The Milford Improvement Act 1857 (20 & 21 Vict. c. 74) appointed improvement commissioners to govern the growing port town. Under the Local Government Act 1894 the improvement commissioners' district was reconstituted as the Milford Haven Urban District, with an elected council. Initially, council leaders established accommodation for council officers and their departments in Charles Street. In the early 1930s, civic leaders decided to procure a more substantial structure: the site they chose on the south side of Hamilton Terrace was occupied by allotment gardens.

The new building was designed in the Neo-Georgian style, was built in brown brick with stone facings and was officially opened by the former Prime Minister, David Lloyd George, on 31 August 1939. The design involved a symmetrical main frontage with eleven bays facing onto Hamilton Terrace; the central section of three bays, which slightly projected forward, featured a doorway on the ground floor with a stone surround. There was a cast iron balcony with a French door flanked by two tall windows on the first floor and a modillioned pediment above with a clock in the tympanum. The outer sections were fenestrated with square headed sash windows on both floors and featured a modillioned cornice at roof level. There was also a central turret on the roof. Internally, the principal rooms were the council chamber and the mayor's parlour. When it first opened, the town hall also included facilities for the local fire engine.

A drinking fountain, which had been cast by the Saracen Foundry in the form of a font and inscribed with the words "erected in the sixtieth year of H.M. Queen Victoria's Reign 1897" as part of celebrations for the Diamond Jubilee of Queen Victoria, was relocated from Charles Street to the front of the town hall shortly after it opened.

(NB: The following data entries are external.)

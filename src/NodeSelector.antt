-- ===== src/NodeSelector.antt =====
-- NodeSelector.cpp: the lists of nodes, the measurements that are kept, and the node that two peers
-- negotiate (lines 26 to 39, 76 to 126). `SortStun` of stun_test.cpp, clocks, the HTTP client and
-- the parser of JSON answer through arguments.
pub mod Lists
pub mod BestUrl
pub mod Agree
use bff_rtc_base.Base.{
  ℕ, ◌+◌, Bool, true, false, not, ◌||◌, List, [], ◌∷◌, Option, none, some, Bytes, if◌then◌else◌,
  is_empty, ℤ,
}
use bff_rtc_base.Url.{Hosts}
use bff_rtc_base.Signal.Config.{Config}
use bff_rtc_base.Stun.Nodes.{Rtts, find_best_node}

-- What the selector does outside: the callback with measurements, a thread that sorts nodes, a list
-- that is fetched, an answer of `getBestUrl`, the thread that checks the best node for it, and a
-- completion handler.
pub data SelectorEffect : Type 0 where
  told_rtts : Rtts → SelectorEffect
  sorting : (nodes : List Bytes) → (ip : Bytes) → SelectorEffect
  fetching : (url token : Bytes) → SelectorEffect
  set_clock_offset : (current_time : ℤ) → SelectorEffect
  completed : SelectorEffect
  checking : (flag : ℕ) → (best_node : Bytes) → SelectorEffect
  answered : (url : Bytes) → Option Hosts → SelectorEffect

-- The cache of the process. `nodes_info` is the text of JSON that the measurements are kept as.
pub record SavedNodes : Type 0 where
  pub nodes : List Bytes
  pub best_node : Bytes
  pub nodes_time : ℤ
  pub nodes_info : Bytes
  pub ip : Bytes
  pub server_ip : Bytes

-- A flag that cancels is a number, `flags` how many were made, and `cancelled` those that are set.
pub record Selector : Type 0 where
  pub update_nodes_count : ℕ
  pub flags : ℕ
  pub connect_cancel : Option ℕ
  pub cancelled : List ℕ
  pub node_rtts_self : Rtts
  pub node_rtts : Rtts
  pub best_node_negotiated : Bytes
  pub saved : SavedNodes
  pub trace : List SelectorEffect

abbrev pub record_effect : SelectorEffect → Selector → Selector
record_effect e s = record s { trace = e ∷ s.trace }

-- The measurements as JSON: `dump`, and the numbers among its members.
pub record Json : Type 0 where
  pub dump_rtts : Rtts → Bytes
  pub parse_rtts : Bytes → Option Rtts

unfoldable pub update_rtts : Rtts → Selector → Selector
update_rtts result s = record_effect (SelectorEffect.told_rtts result) s

abbrev pub prefer : Option Bytes → Selector → Selector
prefer none s = s
prefer (some server) s = record s { best_node_negotiated = server }

abbrev pub store_rtts : Rtts → Bool → Selector → Selector
store_rtts rtts true s = record s { node_rtts_self = rtts }
store_rtts rtts false s = record s { node_rtts = rtts }

-- Behind the preference: the node is chosen once both sides have measured.
unfoldable pub negotiate : Selector → Selector
negotiate s =
    if not (is_empty s.best_node_negotiated) || is_empty s.node_rtts_self || is_empty s.node_rtts
    then s
    else record s { best_node_negotiated = find_best_node s.node_rtts_self s.node_rtts }

unfoldable pub apply_node_rtts : Config → Rtts → Bool → Selector → Selector
unfolding negotiate
apply_node_rtts config rtts is_self s = negotiate (prefer config.server (store_rtts rtts is_self s))

-- The flag that was there is set.
abbrev cancel_flag : Option ℕ → List ℕ → List ℕ
cancel_flag none cancelled = cancelled
cancel_flag (some flag) cancelled = flag ∷ cancelled

abbrev pub set_connect_cancel_flag : Option ℕ → Selector → Selector
set_connect_cancel_flag flag s = record s {
  connect_cancel = flag;
  cancelled = cancel_flag s.connect_cancel s.cancelled;
}

unfoldable pub cancel_connect_operation : Selector → Selector
cancel_connect_operation s = set_connect_cancel_flag none s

The building continued to serve as the headquarters of the urban district council for much of the 20th century, but ceased to be the local seat of government when the enlarged Preseli Pembrokeshire District Council was formed in 1974. However, it subsequently became the offices and meeting place of Milford Haven Town Council. In the early 21st century it became an approved venue for weddings and civil partnership ceremonies and the first wedding took place in June 2010.

Pembrokeshire County Council declared the building as surplus to requirements in December 2019, and marketed it for sale in early 2020; the planning authority subsequently approved change of use to offices on condition that the town council be allowed to remain in the building under its new ownership.